Material provided:
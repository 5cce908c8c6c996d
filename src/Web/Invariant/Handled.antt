-- ===== src/Web/Invariant/Handled.antt =====
-- The programs of the handlers, one by one.
use query_smith.Prelude.{ℕ, String, List, Option, none, some, false, ◌≡◌, refl, ap, inl, inr}
use query_smith.Prelude.Outcome.{Outcome, Exn, ok, err, ok-injective}
use query_smith.Float.{Float}
use query_smith.Ir.{IrPlan}
use query_smith.Rules.Finding.{Finding}
use query_smith.Rules.Engine.{evaluate}
use query_smith.Narration.Models.{Narration, FixProposal}
use query_smith.Narration.PlanSummary.{summarize_plan}
use query_smith.Narration.FixEngine.{propose_fixes}
use query_smith.Db.QuerySafety.{Sqlglot}
use query_smith.Db.Connection.{ConnectionParams}
use query_smith.Db.Catalog.{ViewRef}
use query_smith.Adapter.Xml.{Lxml}
use query_smith.Adapter.Build.{parse_plan_xml}
use query_smith.Web.Schemas.{QueryRequest, ProposeFixRequest}
use query_smith.Web.LastResult.{LastResult}
use query_smith.Web.Session
use query_smith.Web.LastResult
use query_smith.Web.LastResult.{LastResult}
use query_smith.Web.Handler.{Stores}
use query_smith.Web.Replies.{params_of, status_of}
use query_smith.Web.App.{
  Services, Request, post_connection, read_connection, end_connection, read_views, post_query,
  post_propose_fix, handle, query_options, create_connection, connected_as, status_from,
  get_connection, delete_connection, get_views, listed, report, evaluated, parsed, captured,
  run_query, proposed, propose_fix,
}
use query_smith.Web.Invariant.{OnOk, Accepted, Analysed, Sound}

module _ {F : Type 0} where
  is_connected-none :
      (o : Option (ConnectionParams F))
      → Session.is_connected (record { params = o }) ≡ false
      → o ≡ none
  is_connected-none none h = refl
  is_connected-none (some p) h = cc

  get-ok :
      (o : Option (ConnectionParams F)) (p : ConnectionParams F)
      → Session.or_not_connected o ≡ ok p
      → o ≡ some p
  get-ok none p h = cc
  get-ok (some q) p h = ap some (ok-injective h)

  get-err :
      (o : Option (ConnectionParams F)) (e : Exn) → Session.or_not_connected o ≡ err e → o ≡ none
  get-err none e h = refl
  get-err (some q) e h = cc

  result-ok :
      (o : Option (LastResult F)) (r : LastResult F) → LastResult.or_no_result o ≡ ok r → o ≡ some r
  result-ok none r h = cc
  result-ok (some q) r h = ap some (ok-injective h)

  result-err : (o : Option (LastResult F)) (e : Exn) → LastResult.or_no_result o ≡ err e → o ≡ none
  result-err none e h = refl
  result-err (some q) e h = cc

module _ (lx : Lxml) (sg : Sqlglot) {F : Type 0} ⦃fl : Float F⦄ (world : ℕ → Services F) where
  -- What the last call of a handler has, by the call.
  abbrev Got : Outcome (ConnectionParams F) → Stores F → Type 0
  Got got s = Session.get s.session ≡ got

  abbrev GotResult : Outcome (LastResult F) → Stores F → Type 0
  GotResult got s = LastResult.get s.last_result ≡ got

  connected_as-Sound :
      (Last : Stores F → Type 0) (n : ℕ) (p : ConnectionParams F) (r : Outcome (Unit {0}))
      → (world n).connect_fn p ≡ r
      → Sound lx sg world Last (connected_as p r)
  connected_as-Sound Last n p (ok done) e = ((n, e), λ s h. inr (p, h, refl))
  connected_as-Sound Last n p (err (Exn.db_capture_error m)) e = λ s h. tt
  connected_as-Sound Last n p (err raised) e = λ s h. tt

  status_from-Sound :
      (got : Outcome (ConnectionParams F))
      → OnOk (Accepted lx sg world) got
      → Sound lx sg world (Got got) (status_from got)
  status_from-Sound (ok p) h = λ s k. inr (p, get-ok s.session.params p k, refl)
  status_from-Sound (err e) h = λ s k. tt

  get_connection-Sound : (Last : Stores F → Type 0) → Sound lx sg world Last get_connection
  unfolding get_connection status_of
  get_connection-Sound Last =
      (status_from-Sound, λ s h. inl (is_connected-none s.session.params h, refl))

  listed-Sound :
      (n : ℕ) (p : ConnectionParams F) (r : Outcome (List ViewRef))
      → (world n).list_views_fn p ≡ r
      → Sound lx sg world (Got (ok p)) (listed r)
  listed-Sound n p (ok vs) e = λ s k. (p, n, vs, get-ok s.session.params p k, e, refl)
  listed-Sound n p (err (Exn.db_capture_error m)) e = λ s k. tt
  listed-Sound n p (err raised) e = λ s k. tt

  get_views-Sound :
      (Last : Stores F → Type 0) (n : ℕ) → Sound lx sg world Last (get_views (world n))
  unfolding get_views
  get_views-Sound Last n (ok p) h = listed-Sound n p _ refl
  get_views-Sound Last n (err (Exn.not_connected_error m)) h =
      λ s k. inl (get-err s.session.params _ k)
  get_views-Sound Last n (err raised) h = λ s k. tt

  report-Sound :
      (r : LastResult F) (narration : Outcome (Option Narration))
      → Sound lx sg world
          (λ s. s.last_result.result ≡ some r)
          (report r.plan_summary r.findings narration)
  report-Sound r (ok narration) = λ s k. (r, k, narration, refl)
  report-Sound r (err e) = λ s k. tt

  module _ (n : ℕ) (p : ConnectionParams F) (body : QueryRequest F) (xml : String)
      (accepted : Accepted lx sg world p) (got : (world n).capture_fn p body.query ≡ ok xml) where
    evaluated-Sound :
        (plan : IrPlan F)
        → parse_plan_xml lx (query_options (world n) p body) xml ≡ ok plan
        → (r : Outcome (List Finding)) → evaluate plan ≡ r
        → Sound lx sg world (Got (ok p)) (evaluated (world n) body (summarize_plan plan) r)
    evaluated-Sound plan is_plan (ok findings) e = (
      analysed,
      report-Sound (record { plan_summary = summarize_plan plan; findings = findings }) _,
    )
      where
        analysed :
            Analysed lx sg world
              (record { plan_summary = summarize_plan plan; findings = findings })
        analysed = record {
          time = n;
          params = p;
          body = body;
          xml = xml;
          plan = plan;
          accepted = accepted;
          captured = got;
          parsed = is_plan;
          evaluated = e;
          summarized = refl;
        }
    evaluated-Sound plan is_plan (err raised) e = λ s k. tt

    parsed-Sound :
        (r : Outcome (IrPlan F))
        → parse_plan_xml lx (query_options (world n) p body) xml ≡ r
        → Sound lx sg world (Got (ok p)) (parsed (world n) body r)
    parsed-Sound (ok plan) e = evaluated-Sound plan e (evaluate plan) refl
    parsed-Sound (err (Exn.value_error m)) e = λ s k. tt
    parsed-Sound (err raised) e = λ s k. tt

  captured-Sound :
      (n : ℕ) (p : ConnectionParams F) (body : QueryRequest F)
      → Accepted lx sg world p
      → (r : Outcome String) → (world n).capture_fn p body.query ≡ r
      → Sound lx sg world (Got (ok p)) (captured lx (world n) body p r)
  captured-Sound n p body h (ok xml) e = parsed-Sound n p body xml h e _ refl
  captured-Sound n p body h (err (Exn.query_validation_error m)) e = λ s k. tt
  captured-Sound n p body h (err (Exn.db_capture_error m)) e = λ s k. tt
  captured-Sound n p body h (err raised) e = λ s k. tt

  run_query-Sound :
      (Last : Stores F → Type 0) (n : ℕ) (body : QueryRequest F)
      → Sound lx sg world Last (run_query lx (world n) body)
  unfolding run_query
  run_query-Sound Last n body (ok p) h = captured-Sound n p body h _ refl
  run_query-Sound Last n body (err (Exn.not_connected_error m)) h =
      λ s k. inl (get-err s.session.params _ k)
  run_query-Sound Last n body (err raised) h = λ s k. tt

  proposed-Sound :
      (n : ℕ) (body : ProposeFixRequest F) (r : LastResult F) (proposal : Outcome FixProposal)
      → propose_fixes sg r.findings r.plan_summary body.model
          ((world n).generate_fn body.ollama_timeout_s)
        ≡ proposal
      → Sound lx sg world (GotResult (ok r)) (proposed sg proposal)
  proposed-Sound n body r (ok proposal) e =
      λ s k. (r, result-ok s.last_result.result r k, n, body, proposal, e, refl)
  proposed-Sound n body r (err raised) e = λ s k. tt

  propose_fix-Sound :
      (Last : Stores F → Type 0) (n : ℕ) (body : ProposeFixRequest F)
      → Sound lx sg world Last (propose_fix sg (world n) body)
  unfolding propose_fix
  propose_fix-Sound Last n body (ok r) h = proposed-Sound n body r _ refl
  propose_fix-Sound Last n body (err (Exn.no_result_available_error m)) h =
      λ s k. inr (result-err s.last_result.result _ k)
  propose_fix-Sound Last n body (err raised) h = λ s k. tt

  pub handle-Sound :
      (Last : Stores F → Type 0) (n : ℕ) (request : Request F)
      → Sound lx sg world Last (handle lx sg (world n) request)
  unfolding create_connection delete_connection
  handle-Sound Last n (post_connection body) = connected_as-Sound Last n (params_of body) _ refl
  handle-Sound Last n read_connection = get_connection-Sound Last
  handle-Sound Last n end_connection = λ s k. k
  handle-Sound Last n read_views = get_views-Sound Last n
  handle-Sound Last n (post_query body) = run_query-Sound Last n body
  handle-Sound Last n (post_propose_fix body) = propose_fix-Sound Last n body
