-- ===== src/Web/Invariant/Reached.antt =====
-- Every order of steps.
use query_smith.Prelude.{ℕ, Bool, true, false, List, All, Option, none, some, ◌≡◌, refl}
use query_smith.Prelude.Collect.{All-map_In}
use query_smith.Float.{Float}
use query_smith.Db.QuerySafety.{Sqlglot}
use query_smith.Adapter.Xml.{Lxml}
use query_smith.Db.Connection.{ConnectionParams}
use query_smith.Web.Session
use query_smith.Web.Session.{SessionStore}
use query_smith.Web.LastResult
use query_smith.Web.LastResult.{LastResultStore}
use query_smith.Web.Handler.{
  Stores, Handler, answer, is_connected, get_session, set_session, clear_session, get_result,
  set_result, clear_result, access,
}
use query_smith.Web.App.{Services}
use query_smith.Web.System.{System, Advance, here, there, arrive, advance, Reach, start, next}
use query_smith.Web.Invariant.{OnSome, OnOk, Accepted, Analysed, Tells, Sound, Waits, Sound-Waits}
use query_smith.Web.Invariant.Handled.{handle-Sound}

module _ (lx : Lxml) (sg : Sqlglot) {F : Type 0} ⦃fl : Float F⦄ (world : ℕ → Services F) where
  abbrev pub StoresAreSound : Stores F → Type 0
  StoresAreSound s =
      OnSome (Accepted lx sg world) s.session.params
      × OnSome (Analysed lx sg world) s.last_result.result

  -- What a handler's next step shows the client, if it is the last one.
  abbrev Told : Stores F × Handler F → Type 0
  Told (s, answer r) = Tells lx sg world s r
  Told (s, _) = Unit

  abbrev pub Decides : Stores F → Handler F → Type 0
  Decides s (answer r) = Unit
  Decides s h = Told (access h s)

  -- Stored parameters are those of a connection that succeeded, the stored result is the analysis of
  -- a plan captured on such a connection, and each handler at work whose next step decides its reply
  -- tells what is true of the stores then.
  abbrev pub SystemIsSound : System F → Type 0
  SystemIsSound s = StoresAreSound s.stores × All (Decides s.stores) s.handlers

  params-OnOk :
      (o : Option (ConnectionParams F))
      → OnSome (Accepted lx sg world) o
      → OnOk (Accepted lx sg world) (Session.or_not_connected o)
  params-OnOk none h = tt
  params-OnOk (some p) h = h

  result-OnOk :
      (o : Option (LastResult.LastResult F))
      → OnSome (Analysed lx sg world) o
      → OnOk (Analysed lx sg world) (LastResult.or_no_result o)
  result-OnOk none h = tt
  result-OnOk (some r) h = h

  -- A handler behind a call, and what the call has.
  data Resumed : Stores F × Handler F → Type 1 where
    resumed :
        {s : Stores F} {h : Handler F} (Last : Stores F → Type 0)
        → Last s
        → Sound lx sg world Last h
        → Resumed (s, h)

  abbrev Resumes : Stores F → Handler F → Type 1
  Resumes s (answer r) = Unit
  Resumes s h = Resumed (access h s)

  Resumed-branch :
      (k : Bool → Handler F) (s : Stores F) (yes : Bool)
      → Waits lx sg world (is_connected k)
      → Session.is_connected s.session ≡ yes
      → Resumed (s, k yes)
  Resumed-branch k s true h e = resumed (λ t. Session.is_connected t.session ≡ true) e h.0
  Resumed-branch k s false h e = resumed (λ t. Session.is_connected t.session ≡ false) e h.1

  access-Resumes :
      (h : Handler F) (s : Stores F) → StoresAreSound s → Waits lx sg world h → Resumes s h
  access-Resumes (answer r) s hs hh = tt
  access-Resumes (is_connected k) s hs hh =
      Resumed-branch k s (Session.is_connected s.session) hh refl
  access-Resumes (get_session k) s hs hh =
      resumed (λ t. Session.get t.session ≡ Session.get s.session) refl
        (hh (Session.get s.session) (params-OnOk s.session.params hs.0))
  access-Resumes (set_session p h) s hs hh = resumed (λ t. t.session.params ≡ some p) refl hh.1
  access-Resumes (clear_session h) s hs hh = resumed (λ t. t.session.params ≡ none) refl hh
  access-Resumes (get_result k) s hs hh =
      resumed (λ t. LastResult.get t.last_result ≡ LastResult.get s.last_result) refl
        (hh (LastResult.get s.last_result) (result-OnOk s.last_result.result hs.1))
  access-Resumes (set_result r h) s hs hh = resumed (λ t. t.last_result.result ≡ some r) refl hh.1
  access-Resumes (clear_result h) s hs hh = resumed (λ t. t.last_result.result ≡ none) refl hh

  Resumed-Told : (s : Stores F) (h : Handler F) → Resumed (s, h) → Told (s, h)
  Resumed-Told s (answer r) (resumed Last last hh) = hh s last
  Resumed-Told s _ _ = tt

  Resumed-Waits : (s : Stores F) (h : Handler F) → Resumed (s, h) → Waits lx sg world h
  Resumed-Waits s h (resumed Last last hh) = Sound-Waits lx sg world Last h hh

  Resumes-Decides : (s : Stores F) (h : Handler F) → Resumes s h → Decides s h
  Resumes-Decides s (answer r) m = tt
  Resumes-Decides s (is_connected k) m = Resumed-Told _ _ m
  Resumes-Decides s (get_session k) m = Resumed-Told _ _ m
  Resumes-Decides s (set_session p h) m = Resumed-Told _ _ m
  Resumes-Decides s (clear_session h) m = Resumed-Told _ _ m
  Resumes-Decides s (get_result k) m = Resumed-Told _ _ m
  Resumes-Decides s (set_result r h) m = Resumed-Told _ _ m
  Resumes-Decides s (clear_result h) m = Resumed-Told _ _ m

  Resumes-Waits :
      (s : Stores F) (h : Handler F)
      → Waits lx sg world h
      → Resumes s h
      → Waits lx sg world ((access h s).1)
  Resumes-Waits s (answer r) hh m = hh
  Resumes-Waits s (is_connected k) hh m = Resumed-Waits _ _ m
  Resumes-Waits s (get_session k) hh m = Resumed-Waits _ _ m
  Resumes-Waits s (set_session p h) hh m = Resumed-Waits _ _ m
  Resumes-Waits s (clear_session h) hh m = Resumed-Waits _ _ m
  Resumes-Waits s (get_result k) hh m = Resumed-Waits _ _ m
  Resumes-Waits s (set_result r h) hh m = Resumed-Waits _ _ m
  Resumes-Waits s (clear_result h) hh m = Resumed-Waits _ _ m

  stores-Sound :
      (h : Handler F) (s : Stores F)
      → StoresAreSound s
      → Waits lx sg world h
      → StoresAreSound ((access h s).0)
  stores-Sound (answer r) s hs hh = hs
  stores-Sound (is_connected k) s hs hh = hs
  stores-Sound (get_session k) s hs hh = hs
  stores-Sound (set_session p h) s hs hh = (hh.0, hs.1)
  stores-Sound (clear_session h) s hs hh = (tt, hs.1)
  stores-Sound (get_result k) s hs hh = hs
  stores-Sound (set_result r h) s hs hh = (hs.0, hh.0)
  stores-Sound (clear_result h) s hs hh = (hs.0, tt)

  Advance-Sound :
      {s t : Stores F} {hs later : List (Handler F)}
      → Advance s hs t later
      → StoresAreSound s
      → All (Waits lx sg world) hs
      → StoresAreSound t × All (Waits lx sg world) later
  Advance-Sound {s} (here {h}) ss (hh, hhs) =
      (stores-Sound h s ss hh, (Resumes-Waits s h hh (access-Resumes h s ss hh), hhs))
  Advance-Sound (there a) ss (hh, hhs) = let (ts, hl) = Advance-Sound a ss hhs in (ts, (hh, hl))

  pub Reach-Waits :
      {s : System F}
      → Reach lx sg world s
      → StoresAreSound s.stores × All (Waits lx sg world) s.handlers
  Reach-Waits start = ((tt, tt), tt)
  Reach-Waits (next r (arrive n request)) =
      let (ss, hh) = Reach-Waits r in (ss, (handle-Sound lx sg world (λ s. ⊥) n request, hh))
  Reach-Waits (next r (advance a)) = let (ss, hh) = Reach-Waits r in Advance-Sound a ss hh

  -- In every state that the application reaches, in whatever order requests arrive and handlers take
  -- their steps, stored parameters are those of a connection that succeeded, and the stored result is
  -- the analysis of a plan captured on such a connection. Whenever a handler's next step is the one
  -- that decides its reply, the reply tells what is true of the stores then: the connection there
  -- or its absence, the views of the connection, the stored report, or the fixes for it.
  pub Reach-IsSound : {s : System F} → Reach lx sg world s → SystemIsSound s
  Reach-IsSound {s} r =
      let (ss, hh) = Reach-Waits r in
      (
        ss,
        All-map_In (Waits lx sg world) (Decides s.stores) s.handlers
            (λ h w. Resumes-Decides s.stores h (access-Resumes h s.stores ss w)) hh,
      )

Assigned task:
Scan the data above; copy every line where "record" appears.

Reply:
      → Session.is_connected (record { params = o }) ≡ false
      report-Sound (record { plan_summary = summarize_plan plan; findings = findings }) _,
              (record { plan_summary = summarize_plan plan; findings = findings })
        analysed = record {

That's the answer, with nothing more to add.